Al lado de eso, el contraste de la nota afectiva, con las frecuentes visitas de Carlos V a su madre, como lo harían también los miembros más destacados de la familia imperial. Ya aludimos, en su momento, a las que le hizo la emperatriz Isabel, como la que llevó a cabo en octubre de 1536, y no de forma protocolaria, pues en aquella ocasión Isabel pasaría seis días en Tordesillas[175]. También lo haría Felipe II, y particularmente emotiva fue para doña Juana la del Príncipe acompañado de su primera mujer, aquella María Manuela de Portugal, ¡la hija de su querida Catalina! Posiblemente fue uno de los pocos momentos dichosos de la Reina, cuando vio ante sí aquella pareja de jóvenes desposados —apenas si contaban dieciséis años—. Y tanto le plació, que les pidió que danzaran en su presencia[176]. También la volvió a visitar Felipe II en 1554, antes de emprender viaje para Inglaterra para consumar su matrimonio con la reina María Tudor. Y sabemos que asimismo lo hizo Maximiliano II, en la etapa de su corta estancia en Castilla como Gobernador del Reino, yendo en este caso acompañado de su mujer, María, la hija de Carlos V, otra nieta, por lo tanto, de doña Juana. Eso ocurriría el 4 de agosto de 1550, tal como informaría Maximiliano a Carlos V:

A la Reina, nuestra señora, fuimos a visitar y besar las manos, y S. A. holgó con nosotros…

Es cuando Maximiliano hace referencia al mal que tanto hizo sufrir a la anciana Reina en su vejez, y que la tendría medio inmovilizada[177].

Por último, en esa línea de lo afectivo, una consideración que suele pasarse por alto: el hecho de que la segunda hija de Carlos V llevase el nombre de su madre. Eso había sido, como suele ocurrir en cualquier familia normal, un signo de afecto hacia la abuela paterna. No cabe duda de que Carlos V quería dar una muestra de respeto y de cariño hacia su madre. Y tan es así, que la propia Emperatriz se lo comunica a doña Juana, dándole esa alegría:

La Reina, nuestra señora —es el marqués de Denia quien escribe a la Emperatriz—, está buena, a Nuestro Señor gracias, y ha holgado mucho de saber el alumbramiento de V. M. y de haberse llamado la señora Infanta Juana.

Y añade el Marqués:

Y en verdad que V. M. tiene gran razón de querer mucho a S. A. y desealla servir, porque S. A. ama verdaderamente a V. M., y, con toda su enfermedad, no dexa de tener el cuidado de madre, y así me pregunta siempre si sé nuevas del Emperador, nuestro señor…

Y aun termina:

Cuando V. M. tuviere nuevas de S. M., suplico a V. M. las haga saber a S. A., porque en verdad le dará en esto gran contentamiento[178].

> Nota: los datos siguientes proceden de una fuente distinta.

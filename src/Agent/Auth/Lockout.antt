-- ===== src/Agent/Auth/Lockout.antt =====
-- The lockout by client address.
use mu5250_open_ui.Base.{
  ℕ, suc, ◌+◌, ◌-◌, ◌^◌, ◌≤◌, ◌<◌, ◌≡◌, ◌≢◌, refl, ◌∙◌, ap, true, false, Option, none, some, List,
  [], ◌∷◌, length, arith, Bool-cases, inl, inr,
}
use mu5250_open_ui.Base.Strings.{
  str_eq_iff, lookup, remove, IsMap, insert-IsMap, retain-IsMap, remove-IsMap, lookup-remove,
}
use mu5250_open_ui.Agent.Auth.{
  AuthState, LoginAttempt, LoginResult, locked, Outside, refused, passed, CredentialKind, password,
  pin, validate_pin, login_password, login_pin, lockout_gate, login_gate, login_against, is_stored,
  iterated_hash, record_failed_login, failed, is_recent, or_new, clear_failures,
}
use mu5250_open_ui.Agent.Auth.Attempts.{
  attempts_of, lookup-record_failed_login, lookup-record_failed_login_ne, HasFailed, failed_row,
  record_failed_login-HasFailed, gate-cases,
}

-- A login with a password or a PIN: its clocks, which of the two, and the credential.
abbrev pub Attempt : Type 0
Attempt = Outside × CredentialKind × List ℕ

-- The hash that a credential of the kind is compared with.
abbrev pub stored_for : CredentialKind → Option (List ℕ) → Option (List ℕ) → Option (List ℕ)
stored_for password password_hash pin_hash = password_hash
stored_for pin password_hash pin_hash = pin_hash

module _ (sha256 : List ℕ → List ℕ) (ip : List ℕ) where
  -- The method for the kind.
  abbrev login_with : CredentialKind → Outside → List ℕ → AuthState → AuthState × LoginResult
  login_with password o credential s = login_password sha256 o credential ip s
  login_with pin o credential s = login_pin sha256 o credential ip s

  abbrev login : Attempt → AuthState → AuthState × LoginResult
  login a s = login_with a.1 a.0 a.2 s

  -- The state after a list of logins.
  pub after : List Attempt → AuthState → AuthState
  after [] s = s
  after (a ∷ rest) s = after rest (login a s).0

  -- Each credential is wrong for the hash that is stored for its kind.
  abbrev pub AllWrong : List ℕ → Option (List ℕ) → Option (List ℕ) → List Attempt → Type 0
  AllWrong salt password_hash pin_hash [] = Unit
  AllWrong salt password_hash pin_hash (a ∷ rest) =
      (is_stored (stored_for a.1 password_hash pin_hash) (iterated_hash sha256 salt a.2) ≡ false)
      × AllWrong salt password_hash pin_hash rest

  gate_none : (now : ℕ) (s : AuthState) → attempts_of ip s ≡ none → lockout_gate ip now s ≡ passed s
  unfolding lockout_gate
  gate_none now s e = rw (e, lockout_gate)

  gate_few :
      (now : ℕ) (s : AuthState) (a : LoginAttempt)
      → attempts_of ip s ≡ some a
      → a.count < 5
      → lockout_gate ip now s ≡ passed s
  unfolding lockout_gate
  gate_few now s a e lt = rw (e, lockout_gate) (ground arith)

  gate_locked :
      (now : ℕ) (s : AuthState) (a : LoginAttempt)
      → attempts_of ip s ≡ some a
      → 5 ≤ a.count
      → now < a.locked_until
      → lockout_gate ip now s ≡ refused (a.locked_until - now)
  unfolding lockout_gate
  gate_locked now s a e le lt = rw (e, lockout_gate) (ground arith)

  against_wrong :
      (o : Outside) (credential : List ℕ) (stored : Option (List ℕ)) (kind : CredentialKind)
      (s : AuthState)
      → lockout_gate ip o.epoch s ≡ passed s
      → is_stored stored (iterated_hash sha256 s.salt credential) ≡ false
      → (login_against sha256 o credential stored ip kind s).0 ≡ record_failed_login ip o.epoch s
  unfolding login_against login_gate
  against_wrong o credential stored kind s unlocked wrong = rw (unlocked, login_gate, wrong)

  with_wrong :
      (kind : CredentialKind) (o : Outside) (credential : List ℕ) (s : AuthState)
      → lockout_gate ip o.epoch s ≡ passed s
      → is_stored
          (stored_for kind s.password_hash s.pin_hash)
          (iterated_hash sha256 s.salt credential)
        ≡ false
      → (login_with kind o credential s).0 ≡ record_failed_login ip o.epoch s
  unfolding login_password login_pin
  with_wrong password o credential s unlocked wrong =
      against_wrong o credential s.password_hash password s unlocked wrong
  with_wrong pin o credential s unlocked wrong = elim (Bool-cases (validate_pin credential)) [
    | inl valid ↦ rw valid (against_wrong o credential s.pin_hash pin s unlocked wrong)
    | inr malformed ↦ rw malformed refl
  ]

  login_wrong :
      (a : Attempt) (s : AuthState)
      → lockout_gate ip a.0.epoch s ≡ passed s
      → is_stored (stored_for a.1 s.password_hash s.pin_hash) (iterated_hash sha256 s.salt a.2)
        ≡ false
      → (login a s).0 ≡ record_failed_login ip a.0.epoch s
  login_wrong a s unlocked wrong = with_wrong a.1 a.0 a.2 s unlocked wrong

  -- Each login comes within an hour of the one before it.
  abbrev pub Timely : ℕ → List Attempt → Type 0
  Timely last [] = Unit
  Timely last (a ∷ rest) =
      (a.0.epoch - last < 3600) × (a.0.epoch + 30 < 2 ^ 64) × Timely a.0.epoch rest

  abbrev pub last_epoch : ℕ → List Attempt → ℕ
  last_epoch last [] = last
  last_epoch last (a ∷ rest) = last_epoch a.0.epoch rest

  after-HasFailed :
      (attempts : List Attempt) (count last : ℕ) (s : AuthState)
      → HasFailed ip count last s
      → count + length attempts ≤ 5
      → AllWrong s.salt s.password_hash s.pin_hash attempts
      → Timely last attempts
      → HasFailed ip (count + length attempts) (last_epoch last attempts) (after attempts s)
  unfolding after
  after-HasFailed [] count last s h le wrong timely =
      let e : count + 0 ≡ count = omega arith in rw e h
  after-HasFailed (a ∷ rest) count last s h le wrong timely =
      let unlocked = gate_few a.0.epoch s h.row h.stored (omega (arith, h.counted)) in
      let e : count + suc (length rest) ≡ suc count + length rest = omega arith in
      let next =
        record_failed_login-HasFailed ip a.0.epoch count last s h (omega arith) timely.0 timely.1 in
      rw (e, login_wrong a s unlocked wrong.0)
        (after-HasFailed rest (suc count) a.0.epoch (record_failed_login ip a.0.epoch s) next
          (omega arith) (unfold record_failed_login in wrong.1) timely.2)

  first-HasFailed :
      (now : ℕ) (s : AuthState)
      → IsMap s.failed_logins
      → attempts_of ip s ≡ none
      → now + 30 < 2 ^ 64
      → HasFailed ip 1 now (record_failed_login ip now s)
  first-HasFailed now s m e fits =
      let row = failed now (or_new now none) in
      let (counted, at, until) = failed_row now 0 now (or_new now none) refl (omega arith) fits in
      record {
        is_map =
            unfold record_failed_login in
            insert-IsMap ip _ _ (retain-IsMap (is_recent now) s.failed_logins m);
        row = row;
        stored = lookup-record_failed_login ip now s m ∙ rw e;
        counted = counted;
        at = at;
        until = until;
      }

  pub login_while_locked :
      (o : Outside) (credential : List ℕ) (any_stored : Option (List ℕ)) (any_kind : CredentialKind)
      (s : AuthState) (a : LoginAttempt)
      → attempts_of ip s ≡ some a
      → 5 ≤ a.count
      → o.epoch < a.locked_until
      → login_against sha256 o credential any_stored ip any_kind s
        ≡ (s, locked (a.locked_until - o.epoch))
  unfolding login_against login_gate
  login_while_locked o credential any_stored any_kind s a e le lt =
      rw (gate_locked o.epoch s a e le lt)

  -- From a state with no failures of a client and one row for each other, five wrong logins of it, by password
  -- or PIN, each within an hour of the one before, at times to which 30 seconds can be added in 64 bits,
  -- lock it out: until 30 seconds after the last, a login with any password and
  -- one with any PIN of six digits are refused, also the right ones, with the seconds left, and nothing
  -- changes. A PIN of another form does not come to this test.
  pub lockout_arms :
      (first : Attempt) (attempts : List Attempt) (s : AuthState)
      → IsMap s.failed_logins
      → attempts_of ip s ≡ none
      → length attempts ≡ 4
      → AllWrong s.salt s.password_hash s.pin_hash (first ∷ attempts)
      → first.0.epoch + 30 < 2 ^ 64
      → Timely first.0.epoch attempts
      → (o : Outside) (any_password any_pin : List ℕ) → validate_pin any_pin ≡ true
      → o.epoch < last_epoch first.0.epoch attempts + 30
      → (login_password sha256 o any_password ip (after (first ∷ attempts) s)
          ≡ (after (first ∷ attempts) s, locked (last_epoch first.0.epoch attempts + 30 - o.epoch)))
        × (login_pin sha256 o any_pin ip (after (first ∷ attempts) s) ≡ (
          after (first ∷ attempts) s,
          locked (last_epoch first.0.epoch attempts + 30 - o.epoch),
        ))
  unfolding login_password login_pin
  lockout_arms first attempts s m e four wrong fits timely o any_password any_pin valid early =
      let start = gate_none first.0.epoch s e in
      let s1 = record_failed_login ip first.0.epoch s in
      let one = first-HasFailed first.0.epoch s m e fits in
      let h =
        after-HasFailed attempts 1 first.0.epoch s1 one (omega arith)
          (unfold record_failed_login in wrong.1) timely in
      let same : after (first ∷ attempts) s ≡ after attempts s1 =
        unfold after in ap (after attempts) (login_wrong first s start wrong.0) in
      let until : h.row.locked_until ≡ last_epoch first.0.epoch attempts + 30 =
        h.until (omega arith) in
      rw (same, valid, ← until)
        (
          login_while_locked o any_password (after attempts s1).password_hash password
              (after attempts s1) h.row h.stored (omega (arith, h.counted)) (omega (arith, until)),
          login_while_locked o any_pin (after attempts s1).pin_hash pin (after attempts s1) h.row
              h.stored (omega (arith, h.counted)) (omega (arith, until)),
        )

module _ (sha256 : List ℕ → List ℕ) (ip other : List ℕ) (o : Outside) (credential : List ℕ)
    (stored : Option (List ℕ)) (kind : CredentialKind) {a : LoginAttempt}
    (early : o.epoch < a.locked_until) (ne : other ≢ ip) where
  row_kept :
      (s : AuthState)
      → IsMap s.failed_logins
      → attempts_of ip s ≡ some a
      → attempts_of ip (record_failed_login other o.epoch s) ≡ some a
  row_kept s m e =
      lookup-record_failed_login_ne other ip o.epoch s m ne
      ∙ rw e (unfold is_recent in ground arith)

  row_kept_remove :
      (s : AuthState)
      → attempts_of ip s ≡ some a
      → lookup ip (remove other s.failed_logins) ≡ some a
  row_kept_remove s e = lookup-remove other ip s.failed_logins ∙ ground (arith, str_eq_iff other ip)

  row_kept_gate :
      (s' s : AuthState)
      → IsMap s'.failed_logins
      → attempts_of ip s' ≡ some a
      → attempts_of ip (login_gate sha256 o credential stored other kind (passed s') s).0 ≡ some a
  unfolding login_gate
  row_kept_gate s' s m e =
      elim (Bool-cases (is_stored stored (iterated_hash sha256 s'.salt credential))) [
        | inl right ↦ rw right (row_kept_remove s' e)
        | inr wrong ↦ rw wrong (row_kept s' m e)
      ]

  -- What another client does never shortens a lockout: while a client is locked out, its row stays
  -- as it is through any login of another address, right, wrong or refused.
  pub lockout_is_kept :
      (s : AuthState)
      → IsMap s.failed_logins
      → attempts_of ip s ≡ some a
      → attempts_of ip (login_against sha256 o credential stored other kind s).0 ≡ some a
  unfolding login_against
  lockout_is_kept s m e = elim (gate-cases other o.epoch s) [
    | inl (n, shut) ↦ rw shut (unfold login_gate in e)
    | inr (inl unlocked) ↦ rw unlocked (row_kept_gate s s m e)
    | inr (inr lapsed) ↦ rw lapsed (
        row_kept_gate (clear_failures other s) s (remove-IsMap other s.failed_logins m)
          (row_kept_remove s e))
  ]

¿Esto quiere decir que la Reina estaba ya más conforme con su suerte? Aquí se nos presenta como la madre que recuerda a su hijo, que no ve en él a quien la mantiene en aquel cautiverio, sino al hijo recordado y querido, siempre metido en grandes empresas y siempre sometido a grandes riesgos. Y la madre quiere saber más y más del hijo ausente.

En suma, aquella larga soledad y aquel largo cautiverio han logrado un cierto alivio. Ya nadie se plantea en la Corte imperial que alguien pueda intrigar en torno a la Reina de Tordesillas. Y ella, doña Juana, parece haberse conformado con su suerte, en aquel prolongado destierro que duraría lo que su vida.